**Exercise prompt:**
Will you transcribe the entries that follow, exactly and in full?

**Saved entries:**
◇ ◇ ◇
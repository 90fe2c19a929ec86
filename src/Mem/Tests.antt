-- ===== src/Mem/Tests.antt =====
-- Runs of the memory routines, and the theorems on a small memory.
use sifar_os.Common.{◌≡◌, refl, [], ◌∷◌, arith, get_or, inl}
use sifar_os.Mem.{Memory, memcpy, memmove, copy_up, copy_down}
use sifar_os.Mem.Laws.{get_or-memmove}
use sifar_os.Mem.Copy.{get_or-memcpy}

abbrev eight : Memory
eight = 1 ∷ 2 ∷ 3 ∷ 4 ∷ 5 ∷ 6 ∷ 7 ∷ 8 ∷ []

memmove-eight : memmove eight 2 0 5 ≡ 1 ∷ 2 ∷ 1 ∷ 2 ∷ 3 ∷ 4 ∷ 5 ∷ 8 ∷ []
unfolding memmove copy_up copy_down
memmove-eight = refl

get_or-memmove_example : get_or (memmove eight 2 0 5) 4 0 ≡ 3
get_or-memmove_example = get_or-memmove eight 2 0 5 4 (omega arith) (omega arith)

get_or-memcpy_example : get_or (memcpy eight 0 3 3) 1 0 ≡ 5
get_or-memcpy_example = get_or-memcpy eight 0 3 3 1 (omega arith) (inl (omega arith))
◇ ◇ ◇
**Solution for this problem:**
repository 90fe2c19a929ec86
filename src/Mem/Tests.antt
-- ===== src/Mem/Tests.antt =====
-- Runs of the memory routines, and the theorems on a small memory.
use sifar_os.Common.{◌≡◌, refl, [], ◌∷◌, arith, get_or, inl}
use sifar_os.Mem.{Memory, memcpy, memmove, copy_up, copy_down}
use sifar_os.Mem.Laws.{get_or-memmove}
use sifar_os.Mem.Copy.{get_or-memcpy}

abbrev eight : Memory
eight = 1 ∷ 2 ∷ 3 ∷ 4 ∷ 5 ∷ 6 ∷ 7 ∷ 8 ∷ []

memmove-eight : memmove eight 2 0 5 ≡ 1 ∷ 2 ∷ 1 ∷ 2 ∷ 3 ∷ 4 ∷ 5 ∷ 8 ∷ []
unfolding memmove copy_up copy_down
memmove-eight = refl

get_or-memmove_example : get_or (memmove eight 2 0 5) 4 0 ≡ 3
get_or-memmove_example = get_or-memmove eight 2 0 5 4 (omega arith) (omega arith)

get_or-memcpy_example : get_or (memcpy eight 0 3 3) 1 0 ≡ 5
get_or-memcpy_example = get_or-memcpy eight 0 3 3 1 (omega arith) (inl (omega arith))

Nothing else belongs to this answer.